• **YOUR INSTRUCTIONS**: Check every line in the listing below for "message". Copy the ones where it occurs.

• **RECORDED INFORMATION**:
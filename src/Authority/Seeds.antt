-- ===== src/Authority/Seeds.antt =====
-- src/authority.rs: the seed file.
use nexus_auth.Prelude.{
  ◌≡◌, Option, none, some, Text, Bytes, ok, arith, length, Option-cases, inl, inr,
}
use nexus_auth.Fsutil.{Disk, Faults, atomic_write}
use nexus_auth.Names.{External}
use nexus_auth.Legacy.Changes.{Reading, missing, content}
use nexus_auth.Authority.{
  Authority, Signing, seed_len, from_seed, load, load_or_create, index_key, index_key_for,
}

-- What a start reads of the file.
unfoldable pub reading_of : Option Bytes → Reading
reading_of none = missing
reading_of (some bytes) = content bytes

module _ {V S : Type 0} (l : Signing V S) ⦃x : External⦄ where
  pub load-load_or_create :
      (faults : Faults) (random : Bytes) (network : Text) (disk : Disk) (a : Authority)
      → length random ≡ seed_len
      → (load_or_create l faults random network (reading_of disk.target) disk).0 ≡ ok a
      → let disk' = (load_or_create l faults random network (reading_of disk.target) disk).1 in
        load l network (reading_of disk'.target) ≡ ok a
  unfolding load_or_create load reading_of atomic_write
  load-load_or_create faults random network disk a n h = elim (Option-cases disk.target) [
    | inl e ↦ ground (arith, h, n, e)
    | inr (b, e) ↦ ground (arith, h, e)
  ]

  pub index_key-from_seed :
      (seed : Bytes) (network : Text) (a : Authority)
      → from_seed l seed network ≡ ok a
      → index_key a ≡ index_key_for l network
  unfolding from_seed index_key index_key_for
  index_key-from_seed seed network a h = ground (arith, h)
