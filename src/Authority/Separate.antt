-- ===== src/Authority/Separate.antt =====
-- src/authority.rs: the records of a network have keys of their own in the DHT.
use nexus_auth.Prelude.{◌≡◌, ◌≢◌, ap, sym, ◌∙◌, true, false, [], ◌∷◌, ◌++◌, Text, text, ok, arith}
use nexus_auth.Order.{text_ord, ≟_self}
use nexus_auth.Names.{is_valid_service_name, reserved_service}
use nexus_auth.Authority.{Authority, record_key, auth_prefix, index_key, service_key}

tail : Text → Text
tail [] = []
tail (b ∷ bs) = bs

pub append-cancel : (p a b : Text) → (p ++ a) ≡ (p ++ b) → a ≡ b
unfolding tail
append-cancel [] a b h = h
append-cancel (c ∷ p) a b h = append-cancel p a b (ap tail h)

pub record_key-cancel : (n a b : Text) → record_key n a ≡ record_key n b → a ≡ b
unfolding record_key
record_key-cancel n a b h =
    append-cancel (text "/") a b
      (append-cancel n _ _ (append-cancel (text "/") _ _ (append-cancel auth_prefix _ _ h)))

-- What a service's key tells of it.
pub service_key-ok :
    (a : Authority) (service key : Text)
    → service_key a service ≡ ok key
    → (is_valid_service_name service ≡ true) × (key ≡ record_key a.net_hash service)
unfolding service_key
service_key-ok a service key h = ground (arith, h)

pub reserved_refused : is_valid_service_name reserved_service ≡ false
unfolding is_valid_service_name
reserved_refused = ground (arith, ≟_self reserved_service)

-- The keys of two valid services of an authority are equal only if the services are, and neither
-- is the key of the index.
pub service_key-separate :
    (a : Authority) (s t k l : Text)
    → service_key a s ≡ ok k
    → service_key a t ≡ ok l
    → ((k ≡ l) → s ≡ t) × (k ≢ index_key a)
unfolding index_key
service_key-separate a s t k l p q = (
  λ e.
      record_key-cancel a.net_hash s t
        (sym (service_key-ok a s k p).1 ∙ e ∙ (service_key-ok a t l q).1),
  λ e.
      let e' : s ≡ reserved_service =
        record_key-cancel a.net_hash s reserved_service (sym (service_key-ok a s k p).1 ∙ e) in
      cc (e', (service_key-ok a s k p).0, reserved_refused),
)
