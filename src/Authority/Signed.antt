-- ===== src/Authority/Signed.antt =====
-- src/authority.rs: what an authority signs verifies under its public key, at its key.
use nexus_auth.Prelude.{◌≡◌, true, some, Text, Bytes, ok, arith}
use nexus_auth.Authority.{
  Authority, Signing, IndexDoc, WhitelistDoc, index_key, service_key, sign_payload, sign_index,
  sign_whitelist, check_cose, verify_cose_sign1,
}

-- What the libraries document: coset reads back what it wrote under the EdDSA header, and Ed25519
-- verifies what it signed, with the public key of the seed.
pub record IsSigningSane {V S : Type 0} (l : Signing V S) : Type 0 where
  pub reads_back :
      (payload signature value : Bytes)
      → l.to_vec payload signature ≡ some value
      → l.from_slice value
        ≡ some (record {
          is_eddsa = true;
          payload = some payload;
          signature = signature;
          tbs_data = λ aad. l.sig_structure aad payload;
        })
  pub public_of : Bytes → V
  pub decodes_key : (seed : Bytes) → l.key_from_bytes (l.verifying_key seed) ≡ some (public_of seed)
  pub signature_of : Bytes → Bytes → S
  pub decodes_signature :
      (seed message : Bytes)
      → l.signature_from_slice (l.sign seed message) ≡ some (signature_of seed message)
  pub verifies_signed :
      (seed message : Bytes)
      → l.verifies (public_of seed) message (signature_of seed message) ≡ true

module _ {V S : Type 0} (l : Signing V S) (sane : IsSigningSane l) where
  pub verify-sign_payload :
      (a : Authority) (aad payload value : Bytes)
      → sign_payload l a aad payload ≡ ok value
      → verify_cose_sign1 l (l.verifying_key a.signing_key) aad value ≡ ok payload
  unfolding sign_payload verify_cose_sign1 check_cose
  verify-sign_payload a aad payload value h =
      let message : Bytes = l.sig_structure aad payload in
      let written : l.to_vec payload (l.sign a.signing_key message) ≡ some value =
        ground (arith, h) in
      ground (
        arith,
        sane.reads_back payload (l.sign a.signing_key message) value written,
        sane.decodes_key a.signing_key,
        sane.decodes_signature a.signing_key message,
        sane.verifies_signed a.signing_key message,
      )

  -- Let coset read back what it wrote and Ed25519 verify what it signed. A whitelist that an
  -- authority signs for a service verifies under its public key at the key of that service, and
  -- gives the document as it was encoded.
  pub verify-sign_whitelist :
      (a : Authority) (service key : Text) (doc : WhitelistDoc) (payload value : Bytes)
      → service_key a service ≡ ok key
      → l.whitelist_cbor doc ≡ some payload
      → sign_whitelist l a service doc ≡ ok value
      → verify_cose_sign1 l (l.verifying_key a.signing_key) key value ≡ ok payload
  unfolding sign_whitelist
  verify-sign_whitelist a service key doc payload value k e h =
      verify-sign_payload a key payload value (ground (arith, h, k, e))

  pub verify-sign_index :
      (a : Authority) (doc : IndexDoc) (payload value : Bytes)
      → l.index_cbor doc ≡ some payload
      → sign_index l a doc ≡ ok value
      → verify_cose_sign1 l (l.verifying_key a.signing_key) (index_key a) value ≡ ok payload
  unfolding sign_index
  verify-sign_index a doc payload value e h =
      verify-sign_payload a (index_key a) payload value (ground (arith, h, e))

• **EXERCISE OUTPUT**:
      (seed message : Bytes)
      → l.signature_from_slice (l.sign seed message) ≡ some (signature_of seed message)
      (seed message : Bytes)
      → l.verifies (public_of seed) message (signature_of seed message) ≡ true
      let message : Bytes = l.sig_structure aad payload in
      let written : l.to_vec payload (l.sign a.signing_key message) ≡ some value =
        sane.reads_back payload (l.sign a.signing_key message) value written,
        sane.decodes_signature a.signing_key message,
        sane.verifies_signed a.signing_key message,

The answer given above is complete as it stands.